Russian actress, film director and screenwriter (born 1967)

Renata Muratovna Litvinova (Russian: Рената Муратовна Литвинова; born 12 January 1967) is a Russian actress, film director, and screenwriter.

== Biography ==
Renata Litvinova was born in Moscow to Volga Tatar father Murat Aminovich Vergazov and a Russian mother, Alisa Mikhailovna Litvinova.
Both her parents were doctors. They divorced when Renata was just one year old.
After school, she entered VGIK in 1984 and graduated in 1989. She attended the same year as fellow screenwriters and directors Roman Kachanov and Arkady Vysotsky. It is here where she worked on her first film as a screenwriter for the film The Much Loved Rita.
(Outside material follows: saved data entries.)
-- ===== src/System/Join.antt =====
-- A peer that starts: its REGISTER packet (peer/peer.c), the tracker's answer (tracker/tracker.c), and
-- the peer's table after it.
use dart_sync.Base.{
  inl, inr, ℕ, suc, ◌<◌, ◌≡◌, ◌≢◌, refl, sym, ◌∙◌, subst, some, List, [], CString, ok,
}
use dart_sync.Table.{Node, register, file_delete}
use dart_sync.Packet.{TrackerPkt, PeerPkt, Net, peer_header}
use dart_sync.Packet.RoundTrip.{delivered, ==_refl}
use dart_sync.Packet.Served.{logged, table_pkts, delivered-logged}
use dart_sync.Tracker.Merge.Versions.{version, ◌⊑◌}
use dart_sync.Tracker.Merge.Invariant.{Unique}
use dart_sync.Tracker.Peers.{Peers}
use dart_sync.Tracker.Session.{Session, handshake_step}
use dart_sync.Tracker.Session.Reply.{handshake_step-register}
use dart_sync.Tracker.Session.Broadcast.{calm}
use dart_sync.Peer.Sync.{Local, find_node}
use dart_sync.Peer.Sync.Whole.{Elem, compare_nodes-Gets}
use dart_sync.Peer.Sync.Fetch.{Fetches, Gets, Gets-reached}
use dart_sync.Peer.Main.{filetable_create, main}
use dart_sync.Peer.Main.Start.{main-served}

-- A peer without files fetches what it gets.
Gets-nothing :
    (seek : Node) (l l' : Local) (t : Node)
    → l.file_table ≡ []
    → Gets seek l l' t
    → Fetches seek l l' t
unfolding find_node
Gets-nothing seek l l' t blank (inl f) = f
Gets-nothing seek l l' t blank (inr h) = cc (rw blank at h.before)

-- Where every send succeeds, the connection has nothing under way and the tracker's table has one
-- entry to a name, the answer to the REGISTER packet of a peer that starts leaves the tracker as
-- it was, and main of that peer, which reads this answer up to the end of the connection in one
-- round of its loop or more, returns with a download started, and an entry FILE_DOWNLOADING in
-- that version, for every live entry that is not empty.
pub handshake_step-main :
    (rounds conn now k sockfd : ℕ) (myip : CString) (table : List Node) (ps : Peers)
    (sent : List (ℕ × TrackerPkt)) (closed : List ℕ) (s : Session) (seek : Node) (net : Net PeerPkt)
    → delivered conn sent ≡ []
    → Unique table
    → Elem seek table
    → 0 < seek.size
    → seek.type ≢ file_delete
    → net.outcomes ≡ []
    → (sent' : List (ℕ × TrackerPkt)) × (l' : Local) × (t : Node) × (handshake_step rounds conn now
          (calm table ps sent closed)
          s
          (peer_header register myip [])
        ≡ ok (calm table ps sent' closed, s))
      × (main (suc k) (some sockfd) myip net (delivered conn sent') ≡ ok (some l'))
      × (find_node seek.name l'.file_table ≡ some t)
      × (version seek ⊑ version t)
      × Fetches seek filetable_create l' t
handshake_step-main rounds conn now k sockfd myip table ps sent closed s seek net quiet u i large
      live calm_net =
    let (l', t, compared, gets) =
      compare_nodes-Gets myip table seek filetable_create u i large live
        (λ current e. unfold find_node in cc e) in
    let fetches = Gets-nothing seek filetable_create l' t refl gets in
    let arrives : delivered conn (logged conn (table_pkts table) sent) ≡ table_pkts table =
      delivered-logged conn conn (table_pkts table) sent ∙ rw (==_refl conn, quiet) refl in
    (
      logged conn (table_pkts table) sent,
      l',
      t,
      handshake_step-register rounds conn now table ps sent closed s myip,
      subst (λ pkts. main (suc k) (some sockfd) myip net pkts ≡ ok (some l')) (sym arrives)
          (main-served k sockfd myip table net l' calm_net compared),
      (Gets-reached seek filetable_create l' t gets).0,
      (Gets-reached seek filetable_create l' t gets).1,
      fetches,
    )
The Last Meeting with Her (1988).

== Career ==

=== Screenwriter ===
Litvinova began her film career as a screenwriter, writing films from 1988 to 1998. None of her earlier projects such as Truck Drivers 2 (1992) achieved any critical or commercial acclaim.
She was discovered by fellow director Kira Muratova in 1994 after Muratova had come across Litvinova's thesis she had written for VGIK.
Meeting one another at a local festival, Muratova changed her mind and instead wanted Litvinova to star in one of her films.
Litvinova auditioned for the role of the female protagonist Violet but was deemed unsuitable.
However, Muratova wanted her in the film and allowed her to write a role for herself. Litvinova wrote herself into the film as a nurse.
She continued to write screenplays after her role, which included both Male Revelations (1995) and Principled and Compassionate View (1995). The latter film won the Jury prize at the "Window to Europe" Film festival and was showcased in a number of other festivals around the world such as Japan and Germany.
She collaborated with Muratova again in 1997 and 1998, writing two screenplays that Muratova directed.
Litvinova's screenplay Three Stories was turned into a film in 1997, she also played the role of Opha in it. Her story To Own and Belong was adapted into the critically acclaimed crime film Country of the Deaf in 1998. In 2017 Renata made her full debut in theatre with her own piece called "The North Wind" in Moscow Art Theatre. She was the director and screenwriter, as well as she played the key role in "The North Wind".

=== Actress ===
By 2022, Litvinova has gained a status of one of the leading Russian actresses both in TV and theatre. In 2000, she grew popular for her role of Albino Crow in the TV series The Border. She wrote screenplays for films sparingly after this role and starred in all of the films she wrote. Litvinova became acclaimed in the mid-2000s when she was nominated for her roles in Sky. Plane. Girl. (2002), The Tuner (2004) and I'm Not Hurt (2006). In the Moscow Chekhov Art Theatre, Litvinova played Lyubov Ranevskaya in The Cherry Orchard, she also played in Le Shaga written by Marguerite Duras and staged by Marie-Louise Bischofberger, ‘Witness for the Prosecution’ by Agatha Christie.

=== Director ===
As a director, Litvinova tried herself in many fields. She made her directorial debut in 2000 with the documentary There is No Death For Me. The film focused on the experiences of Litvinova's favorite Soviet Era actresses and gave insight into her views on their stories. As with her screenwriting, she directed sparingly in between her acting roles, directing six films since 2000. She directed her first feature film in 2004, The Goddess, which she also wrote and starred in. In 2006, she directed her first short film, Rado. Litvinova made her first foray into concert films in 2008 when she directed the film Green Theatre in Zemfira. The film was created using footage from a concert of one of Litvinova's friends, musical artist Zemfira Ramazanova. The film won "music film of the year" from independent music award show "Steppenwolf". The two collaborated again in 2010 to create another Ramazanova concert film directed by Litvinova called Moscow. Crokus/Arrow. Finally, Ramazanova served as the composer on Litvinova's second full-length feature film Rita's Last FairyTale (2012), which deals with "universal themes of love, hate and search for love."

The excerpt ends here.